# Sleep and Dreams > Sleep and Health >  >  My Everyman Sleep Schedule

## Schmaven

Today, after reading about the Everyman sleep schedule on this site http://www.everything2.com/index.pl?...eep%20Schedule  I decided that I had to try it.

I just failed at trying a 20 minute nap, but I'm sure tomorrow will be a different story.  My plan is a 3 hour core sleep from 3:10 - 6:10 am, followed by three 20 minute naps at 11:10 am, 4:30 pm, and 9:50 pm.  Why the odd times you might ask? Well I already know my class schedule for the fall semester, and I worked the times around when I have class so if I decide to continue this pattern through college, I won't have to make any changes.

What got me really interested in this is that I would have 20 hours of time to be awake and do things during the day, instead of my current 14 - 16 hours.  If I had the flexibility in my schedule, I would try the Uberman sleep schedule.  

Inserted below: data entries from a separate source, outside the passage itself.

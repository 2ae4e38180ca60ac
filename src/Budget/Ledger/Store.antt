-- ===== src/Budget/Ledger/Store.antt =====
-- The ledger as a dictionary: what a read finds after a write, and predicates of every item.
use my_team_tradding.Budget.Ledger.{Key, Ledger, get, put, same_key}
use my_team_tradding.Budget.Types.{BudgetReservation}
use my_team_tradding.Prelude.{
  ==_iff, All, Bool-cases, [], and_elim, ap, arith, false, if◌then◌else◌, inl, inr, refl, some,
  str_eq, str_eq_iff, subst, sym, true, ◌==◌, ◌∙◌, ◌∷◌, ◌≡◌,
}

pub same_key_refl : (k : Key) → same_key k k ≡ true
unfolding same_key
same_key_refl (i, n) = ground (arith, str_eq_iff i i)

pub same_key→eq : (k j : Key) → same_key k j ≡ true → k ≡ j
unfolding same_key
same_key→eq (i, n) (j, m) h =
    let (names, numbers) = and_elim (str_eq i j) (n == m) h in
    cc ((str_eq_iff i j).0 names, (==_iff n m).0 numbers)

same_key-ne : (k j i : Key) → same_key k j ≡ true → same_key k i ≡ same_key j i
same_key-ne k j i h = ap (λ x. same_key x i) (same_key→eq k j h)

same_key_comm : (k j : Key) → same_key k j ≡ same_key j k
unfolding same_key
same_key_comm (i, n) (j, m) = ground (arith, str_eq_iff i j, str_eq_iff j i)

-- A key that is not `k` is not equal to it from the other side either.
same_key-other : (i j k : Key) → same_key i j ≡ true → same_key i k ≡ false → same_key k j ≡ false
same_key-other i j k found other =
    same_key_comm k j ∙ (ap (λ x. same_key x k) (sym (same_key→eq i j found)) ∙ other)

-- The law of a write, in one equation.
pub get-put :
    (k j : Key) (v : BudgetReservation) (l : Ledger)
    → get j (put k v l) ≡ (if same_key k j then some v else get j l)
unfolding get put
get-put k j v [] = refl
get-put k j v ((i, r) ∷ l) = elim (Bool-cases (same_key i k)) [
  | inl same ↦ rw same (ground (arith, same_key-ne i k j same))
  | inr other ↦ rw other (elim (Bool-cases (same_key i j)) [
    | inl found ↦ rw (found, same_key-other i j k found other) refl
    | inr past ↦ rw past (get-put k j v l)
  ])
]

-- A predicate of every item.
abbrev pub AllItems : (BudgetReservation → Type 0) → Ledger → Type 0
AllItems P l = All (λ e. P e.1) l

pub AllItems-get :
    (P : BudgetReservation → Type 0) (k : Key) (r : BudgetReservation) (l : Ledger)
    → AllItems P l
    → get k l ≡ some r
    → P r
unfolding get
AllItems-get P k r [] h found = cc
AllItems-get P k r ((j, u) ∷ l) h found = elim (Bool-cases (same_key j k)) [
  | inl same ↦ let e : u ≡ r = cc (rw same at found) in subst P e h.0
  | inr other ↦ AllItems-get P k r l h.1 (rw other at found)
]

pub AllItems-put :
    (P : BudgetReservation → Type 0) (k : Key) (v : BudgetReservation) (l : Ledger)
    → AllItems P l
    → P v
    → AllItems P (put k v l)
unfolding put
AllItems-put P k v [] h p = (p, tt)
AllItems-put P k v ((j, u) ∷ l) h p = elim (Bool-cases (same_key j k)) [
  | inl same ↦ rw same (p, h.1)
  | inr other ↦ rw other (h.0, AllItems-put P k v l h.1 p)
]
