-- ===== src/Budget/Run.antt =====
-- Runs of the AI budget: any sequence of the guard's reservations and of the ledger's state changes,
-- which the lock puts in one order. A call that raises leaves the ledger as it was, so it is no step.
pub mod Lifecycle
use my_team_tradding.Budget.Guard.{estimate_maximum_cost, reserve}
use my_team_tradding.Budget.Guard.Reserve.{reserve-IsWithinCall}
use my_team_tradding.Budget.Ledger.{
  Key, Ledger, get, is_active, mark_dispatched, mark_uncertain, put, release,
  release_undispatched_attempt, settle, total,
}
use my_team_tradding.Budget.Ledger.Limits.{
  IsAffordable, IsLighter, IsWithin, put-IsWithin, put-IsWithin_new, put-IsWithin_other,
}
use my_team_tradding.Budget.Ledger.Steps.{
  Moveable, Moves, Moves-IsLighter, Settles, Settles-IsLighter, Wrote, dispatches, loses, releases,
  settle-Settles, transition-Moves, undoes,
}
use my_team_tradding.Budget.Ledger.Store.{AllItems, AllItems-get, AllItems-put}
use my_team_tradding.Budget.Types.{
  AiBudgetPolicy, BudgetReservation, BudgetReservationState, Calendar, PricingProfile,
  RuntimeProfile, dispatched, released, reserved, uncertain,
}
use my_team_tradding.Decimal.{Decimal, DecimalContext, IsSignSafe, of_int}
use my_team_tradding.Prelude.{
  Bool-cases, Option, String, [], ap, arith, false, inl, inr, none, some, str_eq, str_eq_iff, subst,
  ℕ, ◌≡◌, ◌⊎◌,
}
use my_team_tradding.Prelude.Int.{int_laws, pos, ◌<ℤ◌, ◌≤ℤ◌}
use my_team_tradding.Prelude.Result.{ok}

-- Prices that the schema admits.
pub record HasPrices (pricing : PricingProfile) : Type 0 where
  pub input_nonneg : pos 0 ≤ℤ pricing.input_cost_per_million_tokens
  pub output_nonneg : pos 0 ≤ℤ pricing.output_cost_per_million_tokens

-- `governed` is the one policy under its reference; others may run beside it.
pub data Step (c : DecimalContext) (cal : Calendar) (governed : AiBudgetPolicy)
    : Ledger → Ledger → Type 0 where
  reserves :
      {l l' : Ledger} (invocation_id cycle_id : String) (runtime : RuntimeProfile)
      (estimate : Option ℕ) (policy : AiBudgetPolicy) (pricing : PricingProfile)
      (moment attempt_number : ℕ) (r : BudgetReservation)
      → (policy.policy_ref ≡ governed.policy_ref → policy ≡ governed)
      → HasPrices pricing
      → reserve c cal invocation_id cycle_id runtime estimate policy pricing moment attempt_number l
        ≡ ok (r, l')
      → Step c cal governed l l'
  marks_dispatched :
      {l l' : Ledger} (k : Key) (at : ℕ) (r : BudgetReservation)
      → mark_dispatched k at l ≡ ok (r, l')
      → Step c cal governed l l'
  settles :
      {l l' : Ledger} (k : Key) (amount : Decimal) (at : ℕ) (r : BudgetReservation)
      → settle k amount at l ≡ ok (r, l')
      → Step c cal governed l l'
  releases_reserved :
      {l l' : Ledger} (k : Key) (at : ℕ) (r : BudgetReservation)
      → release k at l ≡ ok (r, l')
      → Step c cal governed l l'
  marks_uncertain :
      {l l' : Ledger} (k : Key) (at : ℕ) (r : BudgetReservation)
      → mark_uncertain k at l ≡ ok (r, l')
      → Step c cal governed l l'
  releases_undispatched :
      {l l' : Ledger} (k : Key) (at : ℕ) (r : BudgetReservation)
      → release_undispatched_attempt k at l ≡ ok (r, l')
      → Step c cal governed l l'

pub data Run (c : DecimalContext) (cal : Calendar) (governed : AiBudgetPolicy) (l : Ledger)
    : Ledger → Type 0 where
  start : Run c cal governed l l
  later : {m n : Ledger} → Run c cal governed l m → Step c cal governed m n → Run c cal governed l n

-- What a step has done to the ledger, whichever operation it was.
pub data Effect (cal : Calendar) (governed : AiBudgetPolicy) (l l' : Ledger) : Type 0 where
  added :
      (r : BudgetReservation)
      → r.state ≡ reserved
      → pos 0 ≤ℤ r.reserved_amount
      → get (r.invocation_id, r.attempt_number) l ≡ none
      → IsAffordable cal governed r l ⊎ (is_active governed.policy_ref r ≡ false)
      → l' ≡ put (r.invocation_id, r.attempt_number) r l
      → Effect cal governed l l'
  moved :
      (k : Key) (from to : BudgetReservationState) (at : ℕ)
      → Moveable from to
      → Wrote k (Moves from to at) l l'
      → Effect cal governed l l'
  charged :
      (k : Key) (amount : Decimal) (at : ℕ)
      → Wrote k (Settles amount at) l l'
      → Effect cal governed l l'

module _ (c : DecimalContext) (safe : IsSignSafe c) (cal : Calendar)
    (governed : AiBudgetPolicy) where
  estimate_nonneg :
      (input_tokens output_tokens : ℕ) (pricing : PricingProfile)
      → HasPrices pricing
      → pos 0 ≤ℤ estimate_maximum_cost c input_tokens output_tokens pricing
  unfolding estimate_maximum_cost
  estimate_nonneg input_tokens output_tokens pricing h =
      let million : pos 0 <ℤ of_int c 1000000 = omega (arith, safe.one_pos) in
      omega (
        int_laws,
        safe.div_nonneg _ (of_int c 1000000)
            (safe.mul_nonneg (of_int c input_tokens) _ (omega arith) h.input_nonneg) million,
        safe.div_nonneg _ (of_int c 1000000)
            (safe.mul_nonneg (of_int c output_tokens) _ (omega arith) h.output_nonneg) million,
      )

  -- The new item counts under the governed policy, within its limits, or not at all.
  governed_room :
      (policy : AiBudgetPolicy) (r : BudgetReservation) (l : Ledger)
      → (policy.policy_ref ≡ governed.policy_ref → policy ≡ governed)
      → r.policy_ref ≡ policy.policy_ref
      → IsAffordable cal policy r l
      → IsAffordable cal governed r l ⊎ (is_active governed.policy_ref r ≡ false)
  unfolding is_active
  governed_room policy r l single under room =
      elim (Bool-cases (str_eq policy.policy_ref governed.policy_ref)) [
        | inl same ↦
            inl (subst (λ q. IsAffordable cal q r l) (single ((str_eq_iff _ _).0 same)) room)
        | inr other ↦ inr (rw (under, other) (ground arith))
      ]

  pub Step-Effect : {l l' : Ledger} → Step c cal governed l l' → Effect cal governed l l'
  unfolding mark_dispatched release mark_uncertain release_undispatched_attempt
  Step-Effect
        (reserves {l = l} {l' = l'} i cy runtime estimate policy pricing moment n r single prices
          h) =
      let (cost, call, same, admitted) =
        reserve-IsWithinCall c runtime policy pricing moment cal i cy estimate n l l' r h in
      added r (ap (λ v. v.state) same)
        (rw (same, call.cost_is)
          (estimate_nonneg call.tokens runtime.max_output_tokens pricing prices))
        admitted.fresh (governed_room policy r l single (ap (λ v. v.policy_ref) same) admitted.room)
        admitted.written
  Step-Effect (marks_dispatched {l = l} {l' = l'} k at r h) =
      moved k reserved dispatched at dispatches (transition-Moves k reserved dispatched at l l' r h)
  Step-Effect (settles {l = l} {l' = l'} k amount at r h) =
      charged k amount at (settle-Settles k amount at l l' r h)
  Step-Effect (releases_reserved {l = l} {l' = l'} k at r h) =
      moved k reserved released at releases (transition-Moves k reserved released at l l' r h)
  Step-Effect (marks_uncertain {l = l} {l' = l'} k at r h) =
      moved k dispatched uncertain at loses (transition-Moves k dispatched uncertain at l l' r h)
  Step-Effect (releases_undispatched {l = l} {l' = l'} k at r h) =
      moved k dispatched released at undoes (transition-Moves k dispatched released at l l' r h)

-- The limits hold, and no item reserves a negative amount.
pub record IsBudgeted (cal : Calendar) (governed : AiBudgetPolicy) (l : Ledger) : Type 0 where
  pub within : IsWithin cal governed l
  pub amounts : AllItems (λ r. pos 0 ≤ℤ r.reserved_amount) l

-- Budgets that are not negative, as the schema of a policy requires.
pub record HasBudgets (policy : AiBudgetPolicy) : Type 0 where
  pub daily_nonneg : pos 0 ≤ℤ policy.daily_budget
  pub monthly_nonneg : pos 0 ≤ℤ policy.monthly_budget

module _ (cal : Calendar) (governed : AiBudgetPolicy) where
  wrote-IsBudgeted :
      {l l' : Ledger} (k : Key) (r v : BudgetReservation)
      → get k l ≡ some r
      → (pos 0 ≤ℤ r.reserved_amount → IsLighter v r)
      → v.reserved_amount ≡ r.reserved_amount
      → l' ≡ put k v l
      → IsBudgeted cal governed l
      → IsBudgeted cal governed l'
  wrote-IsBudgeted {l} k r v found lighter same_amount written h =
      let amount = AllItems-get (λ x. pos 0 ≤ℤ x.reserved_amount) k r l h.amounts found in
      rw written (record {
        within = put-IsWithin cal governed k v r l found (lighter amount) h.within;
        amounts =
            AllItems-put (λ x. pos 0 ≤ℤ x.reserved_amount) k v l h.amounts (rw same_amount amount);
      })

  pub Effect-IsBudgeted :
      {l l' : Ledger}
      → Effect cal governed l l'
      → IsBudgeted cal governed l
      → IsBudgeted cal governed l'
  Effect-IsBudgeted {l} (added r state amount fresh room written) h =
      let k : Key = (r.invocation_id, r.attempt_number) in
      rw written (record {
        within = elim room [
          | inl affordable ↦ put-IsWithin_new cal governed k r l fresh state affordable h.within
          | inr inactive ↦ put-IsWithin_other cal governed k r l fresh inactive h.within
        ];
        amounts = AllItems-put (λ x. pos 0 ≤ℤ x.reserved_amount) k r l h.amounts amount;
      })
  Effect-IsBudgeted (moved k from to at move (r, v, found, change, written)) h =
      wrote-IsBudgeted k r v found (Moves-IsLighter move change)
        (ap (λ x. x.reserved_amount) change.after) written h
  Effect-IsBudgeted (charged k amount at (r, v, found, change, written)) h =
      wrote-IsBudgeted k r v found (Settles-IsLighter change)
        (ap (λ x. x.reserved_amount) change.after) written h

  empty-IsBudgeted : HasBudgets governed → IsBudgeted cal governed []
  unfolding total
  empty-IsBudgeted h = record {
    within = record {
      cycles = λ cycle_id. omega arith;
      days = λ at. omega arith;
      daily = λ at. h.daily_nonneg;
      monthly = λ at. h.monthly_nonneg;
    };
    amounts = tt;
  }

module _ (c : DecimalContext) (safe : IsSignSafe c) (cal : Calendar)
    (governed : AiBudgetPolicy) where
  Run-keeps :
      {l l' : Ledger}
      → Run c cal governed l l'
      → IsBudgeted cal governed l
      → IsBudgeted cal governed l'
  Run-keeps start h = h
  Run-keeps (later run step) h =
      Effect-IsBudgeted cal governed (Step-Effect c safe cal governed step) (Run-keeps run h)

  -- With budgets that are not negative and arithmetic that keeps signs, every ledger that a run
  -- reaches from the empty one is budgeted: the calls of a cycle and of a day, and the charges of a
  -- day and of a month, are within the governed policy.
  pub Run-IsBudgeted :
      {l : Ledger} → HasBudgets governed → Run c cal governed [] l → IsBudgeted cal governed l
  Run-IsBudgeted budgets run = Run-keeps run (empty-IsBudgeted cal governed budgets)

I told my mom what I was going to do, and she told me it was a bad idea and that I was going to get sick, then she went on and on about how sleep is important and how I had to get at least 8 hours a night.  Overall, she wasn't very happy with my decision.  I would suggest not telling your parents about such a sleeping schedule until after you are adjusted to it and can tell them from first hand experience if it works.

----------


## Schmaven

I went to bed at 3:10am, and turned off my alarm clock at 6:10am, but the next thing I knew, it was 7:10 in the morning.  I have to be more careful about falling back asleep once I wake up.  Hopefully that extra hour of sleep won't be a problem, I don't think it will.  But last night's attempt at a 9:50 nap turned into 20 minutes of just laying down.  

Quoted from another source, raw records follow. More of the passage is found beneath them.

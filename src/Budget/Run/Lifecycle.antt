-- ===== src/Budget/Run/Lifecycle.antt =====
-- The life of one reservation of src/ai_trading_team/runtime/budget.py in a run.
use mathlib.Core.Path.{subst₂}
use my_team_tradding.Budget.Ledger.{Key, Ledger, get, put, same_key}
use my_team_tradding.Budget.Ledger.Steps.{
  Moveable, Moves, Settles, dispatches, loses, releases, undoes,
}
use my_team_tradding.Budget.Ledger.Store.{get-put, same_key→eq}
use my_team_tradding.Budget.Run.{
  Effect, Run, Step, Step-Effect, added, charged, later, moved, start,
}
use my_team_tradding.Budget.Types.{
  AiBudgetPolicy, BudgetReservation, BudgetReservationState, Calendar, dispatched, released,
  settled, uncertain,
}
use my_team_tradding.Decimal.{Decimal, DecimalContext, IsSignSafe}
use my_team_tradding.Prelude.{
  Bool-cases, ap, inl, inr, none, refl, some, subst, sym, ℕ, ◌∙◌, ◌≡◌, ◌⊎◌,
}

pub data Lifecycle : BudgetReservationState → BudgetReservationState → Type 0 where
  moves : {from to : BudgetReservationState} → Moveable from to → Lifecycle from to
  pays : Lifecycle dispatched settled

pub record Advances (r v : BudgetReservation) : Type 0 where
  pub next : Lifecycle r.state v.state
  pub same_invocation : v.invocation_id ≡ r.invocation_id
  pub same_attempt : v.attempt_number ≡ r.attempt_number
  pub same_cycle : v.cycle_id ≡ r.cycle_id
  pub same_policy : v.policy_ref ≡ r.policy_ref
  pub same_amount : v.reserved_amount ≡ r.reserved_amount
  pub same_creation : v.created_at ≡ r.created_at

-- The item under a key after a step: the same, or advanced.
abbrev pub Continues : BudgetReservation → BudgetReservation → Type 0
Continues r v = (v ≡ r) ⊎ Advances r v

Moves-Advances :
    {from to : BudgetReservationState} {at : ℕ} {r v : BudgetReservation}
    → Moveable from to
    → Moves from to at r v
    → Advances r v
Moves-Advances {from} {to} {r = r} move m = record {
  next = subst₂ Lifecycle (sym m.before) (ap (λ x. x.state) (sym m.after)) (moves move);
  same_invocation = ap (λ x. x.invocation_id) m.after;
  same_attempt = ap (λ x. x.attempt_number) m.after;
  same_cycle = ap (λ x. x.cycle_id) m.after;
  same_policy = ap (λ x. x.policy_ref) m.after;
  same_amount = ap (λ x. x.reserved_amount) m.after;
  same_creation = ap (λ x. x.created_at) m.after;
}

Settles-Advances :
    {amount : Decimal} {at : ℕ} {r v : BudgetReservation} → Settles amount at r v → Advances r v
Settles-Advances m = record {
  next = subst₂ Lifecycle (sym m.before) (ap (λ x. x.state) (sym m.after)) pays;
  same_invocation = ap (λ x. x.invocation_id) m.after;
  same_attempt = ap (λ x. x.attempt_number) m.after;
  same_cycle = ap (λ x. x.cycle_id) m.after;
  same_policy = ap (λ x. x.policy_ref) m.after;
  same_amount = ap (λ x. x.reserved_amount) m.after;
  same_creation = ap (λ x. x.created_at) m.after;
}

-- A write over an item that is there, seen from any key.
wrote-Continues :
    (k j : Key) (r u v : BudgetReservation) (l : Ledger)
    → get k l ≡ some u
    → Advances u v
    → get j l ≡ some r
    → (w : BudgetReservation) × (get j (put k v l) ≡ some w) × Continues r w
wrote-Continues k j r u v l found change here = elim (Bool-cases (same_key k j)) [
  | inl same ↦
      let same_item : u ≡ r = cc (ap (λ x. get x l) (same_key→eq k j same)) in
      (v, rw (get-put k j v l) (rw same refl), inr (subst (λ x. Advances x v) same_item change))
  | inr other ↦ (r, rw (get-put k j v l) (rw other here), inl refl)
]

-- A new item hides no other: its key was free.
added-Continues :
    (k j : Key) (r v : BudgetReservation) (l : Ledger)
    → get k l ≡ none
    → get j l ≡ some r
    → (w : BudgetReservation) × (get j (put k v l) ≡ some w) × Continues r w
added-Continues k j r v l free here = elim (Bool-cases (same_key k j)) [
  | inl same ↦ cc (ap (λ x. get x l) (same_key→eq k j same))
  | inr other ↦ (r, rw (get-put k j v l) (rw other here), inl refl)
]

module _ (cal : Calendar) (governed : AiBudgetPolicy) where
  pub Effect-Continues :
      {l l' : Ledger} (j : Key) (r : BudgetReservation)
      → Effect cal governed l l'
      → get j l ≡ some r
      → (w : BudgetReservation) × (get j l' ≡ some w) × Continues r w
  Effect-Continues {l} j r (added v state amount fresh room written) here =
      rw written (added-Continues (v.invocation_id, v.attempt_number) j r v l fresh here)
  Effect-Continues {l} j r (moved k from to at move (u, v, found, change, written)) here =
      rw written (wrote-Continues k j r u v l found (Moves-Advances move change) here)
  Effect-Continues {l} j r (charged k amount at (u, v, found, change, written)) here =
      rw written (wrote-Continues k j r u v l found (Settles-Advances change) here)

-- Settled, released and uncertain reservations are final.
abbrev pub IsFinal : BudgetReservationState → Type 0
IsFinal settled = Unit
IsFinal released = Unit
IsFinal uncertain = Unit
IsFinal _ = ⊥

final_stops : {from to : BudgetReservationState} → Lifecycle from to → IsFinal from → ⊥
final_stops (moves dispatches) f = f
final_stops (moves releases) f = f
final_stops (moves loses) f = f
final_stops (moves undoes) f = f
final_stops pays f = f

module _ (c : DecimalContext) (safe : IsSignSafe c) (cal : Calendar)
    (governed : AiBudgetPolicy) where
  -- In arithmetic that keeps signs, a step leaves every item as it is or moves it one step along its
  -- lifecycle, with its invocation, attempt, cycle, policy, amount and creation unchanged.
  pub Step-Continues :
      {l l' : Ledger} (j : Key) (r : BudgetReservation)
      → Step c cal governed l l'
      → get j l ≡ some r
      → (w : BudgetReservation) × (get j l' ≡ some w) × Continues r w
  Step-Continues j r step here =
      Effect-Continues cal governed j r (Step-Effect c safe cal governed step) here

  -- In arithmetic that keeps signs, an item that is settled, released or uncertain stays as it is
  -- through any run.
  pub Run-final :
      {l l' : Ledger} (j : Key) (r : BudgetReservation)
      → Run c cal governed l l'
      → IsFinal r.state
      → get j l ≡ some r
      → get j l' ≡ some r
  Run-final j r start final here = here
  Run-final j r (later run step) final here =
      let (w, found, kept) = Step-Continues j r step (Run-final j r run final here) in
      elim kept [
        | inl same ↦ found ∙ ap some same
        | inr advance ↦ absurd (final_stops advance.next final)
      ]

I usually don't drink coffee, the last time I had a cup was months ago.  This morning I had 2 cups haha, I used to drink soda very often, so I don't think the caffeine will affect my naps that much, especially because I've had a few hours for it to go through me before my attempt at another nap.

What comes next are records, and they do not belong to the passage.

-- ===== src/Budget/Sqlite.antt =====
-- `SQLiteBudgetLedger` of src/ai_trading_team/storage/ai_budget.py. The table is the list of its rows
-- in insertion order, its key the pair (invocation_id, attempt_number). A transaction that raises is
-- rolled back, so a method returns the new table only with its result.
pub mod Loaded
pub mod Refine
pub mod Unique
pub mod Calls
use my_team_tradding.Budget.Ledger.{check_limits}
use my_team_tradding.Budget.Types.{
  AiBudgetPolicy, BudgetFault, BudgetReservation, BudgetReservationState, Calendar, dispatched,
  duplicate_invocation, invalid_request, invocation_error, key_error, released, reserved,
  same_state, settled, uncertain, value_error,
}
use my_team_tradding.Decimal.{Decimal}
use my_team_tradding.Prelude.{
  Bool, List, Option, String, [], false, if◌then◌else◌, ltb, none, not, some, str_eq, true, ℕ, ◌&&◌,
  ◌++◌, ◌-◌, ◌==◌, ◌||◌, ◌∷◌,
}
use my_team_tradding.Prelude.Int.{ltb_ℤ, pos}
use my_team_tradding.Prelude.Result.{Result, err, ok, ◌>>=◌}

abbrev pub Table : Type 0
Table = List BudgetReservation

-- `WHERE invocation_id = ? AND attempt_number = ?`
abbrev pub is_row : String → ℕ → BudgetReservation → Bool
is_row i n r = str_eq r.invocation_id i && r.attempt_number == n

-- `fetchone` of a selection.
unfoldable pub select_one : (BudgetReservation → Bool) → Table → Option BudgetReservation
select_one p [] = none
select_one p (r ∷ t) = if p r then some r else select_one p t

-- `UPDATE … WHERE …`
unfoldable pub update_rows :
    (BudgetReservation → Bool) → (BudgetReservation → BudgetReservation) → Table → Table
update_rows p f [] = []
update_rows p f (r ∷ t) = (if p r then f r else r) ∷ update_rows p f t

abbrev pub is_found : Option BudgetReservation → Bool
is_found none = false
is_found (some r) = true

unfoldable pub sqlite_get : String → ℕ → Table → Option BudgetReservation
unfolding select_one
sqlite_get i n t = select_one (is_row i n) t

-- The row that `INSERT` writes: the settled amount is NULL whatever the reservation holds.
abbrev pub inserted : BudgetReservation → BudgetReservation
inserted r = record r { settled_amount = none }

unfoldable pub sqlite_reserve :
    Calendar
    → BudgetReservation
    → AiBudgetPolicy
    → Table
    → Result BudgetFault (BudgetReservation × Table)
unfolding select_one check_limits
sqlite_reserve cal r policy t =
    if is_found (select_one (is_row r.invocation_id r.attempt_number) t)
      || (r.attempt_number == 1
          && is_found (select_one (λ row. str_eq row.invocation_id r.invocation_id) t))
    then err (invocation_error duplicate_invocation "invocation identity has already been reserved")
    else if ltb 1 r.attempt_number
        && not (is_found (select_one (is_row r.invocation_id (r.attempt_number - 1)) t))
    then err (invocation_error invalid_request "provider attempts must be reserved consecutively")
    else check_limits cal t r policy >>= λ _. ok (r, t ++ (inserted r ∷ []))

unfoldable pub sqlite_require : String → ℕ → Table → Result BudgetFault BudgetReservation
unfolding sqlite_get
sqlite_require i n t = elim (sqlite_get i n t) [ none ↦ err key_error | some r ↦ ok r ]

-- The update, and the row read again behind it.
unfoldable pub write_row :
    String
    → ℕ
    → (BudgetReservation → BudgetReservation)
    → Table
    → Result BudgetFault (BudgetReservation × Table)
unfolding sqlite_require update_rows
write_row i n f t =
    let t' = update_rows (is_row i n) f t in sqlite_require i n t' >>= λ row. ok (row, t')

unfoldable pub sqlite_transition :
    String
    → ℕ
    → BudgetReservationState
    → BudgetReservationState
    → ℕ
    → Table
    → Result BudgetFault (BudgetReservation × Table)
unfolding sqlite_require write_row
sqlite_transition i n expected target at t = sqlite_require i n t >>= λ current.
    if same_state current.state expected
    then write_row i n (λ row. record row { state = target; updated_at = at }) t
    else err value_error

unfoldable pub sqlite_settle :
    String → ℕ → Decimal → ℕ → Table → Result BudgetFault (BudgetReservation × Table)
unfolding sqlite_require write_row
sqlite_settle i n amount at t = sqlite_require i n t >>= λ current.
    if not (same_state current.state dispatched)
    then err value_error
    else if ltb_ℤ amount (pos 0) || ltb_ℤ current.reserved_amount amount
    then err value_error
    else write_row i n
        (λ row. record row { state = settled; settled_amount = some amount; updated_at = at }) t

unfoldable pub sqlite_mark_dispatched :
    String → ℕ → ℕ → Table → Result BudgetFault (BudgetReservation × Table)
unfolding sqlite_transition
sqlite_mark_dispatched i n at t = sqlite_transition i n reserved dispatched at t

unfoldable pub sqlite_release :
    String → ℕ → ℕ → Table → Result BudgetFault (BudgetReservation × Table)
unfolding sqlite_transition
sqlite_release i n at t = sqlite_transition i n reserved released at t

unfoldable pub sqlite_mark_uncertain :
    String → ℕ → ℕ → Table → Result BudgetFault (BudgetReservation × Table)
unfolding sqlite_transition
sqlite_mark_uncertain i n at t = sqlite_transition i n dispatched uncertain at t

unfoldable pub sqlite_release_undispatched_attempt :
    String → ℕ → ℕ → Table → Result BudgetFault (BudgetReservation × Table)
unfolding sqlite_transition
sqlite_release_undispatched_attempt i n at t = sqlite_transition i n dispatched released at t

11:10 nap attempt: fail.  I didn't really expect to be able to fall asleep, maybe that was the problem.  With the extra hour of sleep in the morning, followed by the coffee, I wasn't really that tired to begin with.  Laying down for 20 minutes was relaxing though, although now I think I'm tired enough for a nap.  Oh well, 4:30 is just around the corner!

I only gave myself 20 minutes for the 4:30 nap, and again I wasn't able to fall asleep.  For the 9:50 nap, I set aside 40 minutes to give myself extra time to include the time it takes to fall asleep, but still didn't fall asleep at all.  I don't know whether this is because of the coffee, or something else.  Tomorrow I'm not going to have any caffeine, and I plan on having more success than today.  I'll definitely be more tired than I was today, which should make napping easier.

----------


## Schmaven

I woke up at 7:10 today, having over slept for an hour once again.  I felt surprisingly rested however and started my day.  Both the 11:10 and 4:30 naps resulted in no sleep at all, just laying there.  I'm thinking this is probably from my oversleeping the core sleep.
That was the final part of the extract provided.